Title says it pretty much all : is there a way to get the lowest free virtual memory address under windows ? I should add that I am interested by this information at the beginning of the program (before any dynamic memory allocation has been done).
Why I need it : trying to build a malloc implementation under Windows. If it is not possible I would have to really to whatever VirtualAlloc() returns when given NULL as first parameter. While you would expect it to do something sensible, like allocation memory at the bottom of what is available, there are no guarantees.
This can be implemented yourself by using VirtualQuery looking for pages that are marked as free. It would be relatively slow though. (You will also need to consider allocation granularity which is different from page size.)

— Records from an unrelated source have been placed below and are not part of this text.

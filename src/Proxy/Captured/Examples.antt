-- ===== src/Proxy/Captured/Examples.antt =====
-- The theorems on the files of captured packets at concrete inputs.
use pico_server_rs.Base.{ℕ, ◌==◌, ◌≡◌, refl, [], ◌∷◌, Option, some, if◌then◌else◌, arith}
use mathlib.Core.List.Perm
use pico_server_rs.Base.Words.{Bytes}
use pico_server_rs.Proxy.Captured.{play_name, captured_name, play_packets}
use pico_server_rs.Proxy.Captured.Names.{captured_name-play_name}
use pico_server_rs.Proxy.Captured.Order.{play_packets-Perm}

captured_name-play_name_example : captured_name (play_name 120 7 0x31) ≡ some (120, 0x31)
captured_name-play_name_example = captured_name-play_name 120 7 0x31 (omega arith) (omega arith)

abbrev login_file : Bytes × Option Bytes
login_file = (play_name 40 0 0x31, some (1 ∷ []))

abbrev late_file : Bytes × Option Bytes
late_file = (play_name 41 0 0x2c, some (2 ∷ []))

abbrev packet_at : ℕ → ℕ × Bytes
packet_at n = if n == 40 then (0x31, 1 ∷ []) else (0x2c, 2 ∷ [])

play_packets-Perm_example :
    play_packets (late_file ∷ login_file ∷ []) ≡ play_packets (login_file ∷ late_file ∷ [])
unfolding captured_name play_name
play_packets-Perm_example =
    play_packets-Perm packet_at (late_file ∷ login_file ∷ []) (login_file ∷ late_file ∷ [])
      (refl, (refl, tt)) (Perm.swap login_file late_file [])

-- The packets come by their numbers, and a file below the number 35 is left out.
in_order :
    play_packets (late_file ∷ login_file ∷ (play_name 34 0 0x10, some (3 ∷ [])) ∷ [])
    ≡ (0x31, 1 ∷ []) ∷ (0x2c, 2 ∷ []) ∷ []
unfolding captured_name play_name play_packets
in_order = refl
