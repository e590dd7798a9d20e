-- ===== src/Pods/Wanted.antt =====
-- What the pods and the claims are like that pkg/reconciler/pod.go and pvc.go create.
use aerospike_operator.Prelude.Dict
use aerospike_operator.Prelude.{
  arith, ◌≡◌, ◌≢◌, ◌⊎◌, inl, inr, refl, true, Bool-cases, Option, none, some, [], ◌∷◌, ◌++◌, Text,
  codes, text_eq, text_eq_iff, text_eq_refl, if◌then◌else◌, Occurs, ℤ, if◌then◌else◌,
}
use aerospike_operator.Api.{AerospikeCluster, AerospikeNamespaceSpec}
use aerospike_operator.Reconciler.Types.{ConfigMap}
use aerospike_operator.Pods.Platform.{Platform, Pod, Claim, VolumeMode, block, filesystem}
use aerospike_operator.Pods.Claims.{claim_for, belongs_to, pvc_ttl_annotation, volume_mode_of}
use aerospike_operator.Pods.Shape.{Shaped}
use aerospike_operator.Pods.Delete.{pod_name_at}
use aerospike_operator.Pods.Ensure.{wanted}
use aerospike_operator.Pods.Trace.{Rules}

-- The text that is asked for, or 0d where none is.
abbrev Ttl : Option Text → Text → Type 0
Ttl (some asked) ttl = ttl ≡ asked
Ttl none ttl = ttl ≡ codes "0d"

-- The mode of a volume is that of the storage type, and none where the type is unknown.
abbrev Mode : Text → Option VolumeMode → Type 0
Mode type mode =
    ((type ≡ codes "device") × (mode ≡ some block))
    ⊎ ((type ≡ codes "file") × (mode ≡ some filesystem))
    ⊎ ((type ≢ codes "device") × (type ≢ codes "file") × (mode ≡ none))

-- The class that is asked for, if it is a text that is not empty.
abbrev Class : Option Text → Option Text → Type 0
Class none class = class ≡ none
Class (some []) class = class ≡ none
Class (some (c ∷ name)) class = class ≡ some (c ∷ name)

-- A claim for a pod of this name and the storage of this namespace: it stands in the namespace of the
-- cluster and is named after the two, its labels lead to the cluster and to the namespace, its
-- annotations to the pod, by which the pod finds it again, and it has the TTL, the size, the volume
-- mode and the storage class that the namespace asks for.
abbrev pub IsClaimOf :
    (p : Platform)
    → AerospikeCluster p.kube
    → Text
    → AerospikeNamespaceSpec
    → p.Quantity
    → Claim p
    → Type 0
IsClaimOf p cluster name ns size claim =
    (claim.namespace ≡ cluster.namespace)
    × (claim.generate_name ≡ name ++ b'-' ∷ (ns.name ++ b'-' ∷ []))
    × (claim.labels
        ≡ (codes "app", codes "aerospike")
          ∷ (codes "namespace", ns.name)
          ∷ (codes "cluster", cluster.name)
          ∷ [])
    × (belongs_to name claim ≡ true)
    × ((ttl : Text) × (Dict.lookup pvc_ttl_annotation claim.annotations ≡ some ttl)
        × Ttl ns.storage.persistent_volume_claim_ttl ttl)
    × (claim.size ≡ size)
    × Mode ns.storage.type claim.volume_mode
    × Class ns.storage.storage_class_name claim.storage_class_name

volume_mode_of-Mode : (type : Text) → Mode type (volume_mode_of type)
unfolding volume_mode_of
volume_mode_of-Mode type = elim (Bool-cases (text_eq type (codes "device"))) [
  | inl d ↦ inl ((text_eq_iff type (codes "device")).0 d, rw d refl)
  | inr d ↦ elim (Bool-cases (text_eq type (codes "file"))) [
    | inl f ↦ inr (inl ((text_eq_iff type (codes "file")).0 f, rw (d, f) refl))
    | inr f ↦ inr (
        inr (
          λ e. absurd (ground (arith, (text_eq_iff type (codes "device")).1 e)),
          λ e. absurd (ground (arith, (text_eq_iff type (codes "file")).1 e)),
          rw (d, f) refl,
        ))
  ]
]

chosen-Ttl : (asked : Option Text) → Ttl asked (elim asked [ some ttl ↦ ttl | none ↦ codes "0d" ])
chosen-Ttl none = refl
chosen-Ttl (some asked) = refl

chosen-Class :
    (asked : Option Text)
    → Class asked
        (elim asked [ some class ↦ if text_eq class [] then none else some class | none ↦ none ])
unfolding text_eq
chosen-Class none = refl
chosen-Class (some []) = refl
chosen-Class (some (c ∷ class)) = refl

module _ (p : Platform) (cluster : AerospikeCluster p.kube) (name : Text)
    (ns : AerospikeNamespaceSpec) (size : p.Quantity) where
  pub claim_for-IsClaimOf : IsClaimOf p cluster name ns size (claim_for cluster name ns size)
  unfolding claim_for belongs_to Dict.lookup text_eq
  claim_for-IsClaimOf = (
    refl,
    refl,
    refl,
    text_eq_refl name,
    (_, refl, chosen-Ttl ns.storage.persistent_volume_claim_ttl),
    refl,
    volume_mode_of-Mode ns.storage.type,
    chosen-Class ns.storage.storage_class_name,
  )

module _ {p : Platform} (cluster : AerospikeCluster p.kube) (config_map : ConfigMap) where
  -- A pod for one of the indices below the cluster's node count, with the storage of its namespaces.
  abbrev pub Fits : Pod p → Type 0
  Fits pod =
      (i : ℤ) × Occurs i (wanted cluster.spec.node_count)
      × Shaped cluster config_map (pod_name_at cluster i) cluster.spec.namespaces pod

  -- A claim for such an index and a namespace of the cluster, as the pod of the index needs it.
  abbrev pub Suits : Claim p → Type 0
  Suits claim =
      (i : ℤ) × (ns : AerospikeNamespaceSpec) × (size : p.Quantity) × Occurs i
        (wanted cluster.spec.node_count)
      × Occurs ns cluster.spec.namespaces
      × (p.parse_quantity ns.storage.size ≡ some size)
      × (claim ≡ claim_for cluster (pod_name_at cluster i) ns size)
      × IsClaimOf p cluster (pod_name_at cluster i) ns size claim

  abbrev pub rules_of : Rules p
  rules_of = record { fits = Fits; suits = Suits }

I will say that unless you need contiguous blocks of memory, trying to keep everything close together is mostly meaningless since if two pages of virtual memory might be next to each other in the address space, there is no reason to assume they are close to each other in physical memory. In fact, even if they are close to each other at some point in time, if those pages get moved to backing store and then faulted back into memory, the page would not be faulted to the same physical address page.
The OS uses more complicated metrics than just what is the "lowest" memory address available. Specifically, VirtualAlloc allocates pages of memory, so depending on how much you're asking for, at least one page of unused address space has to be available at the starting address. So even if you think there's a "lower" address that it should have used, that address might not have been compatible with the operation that you asked for.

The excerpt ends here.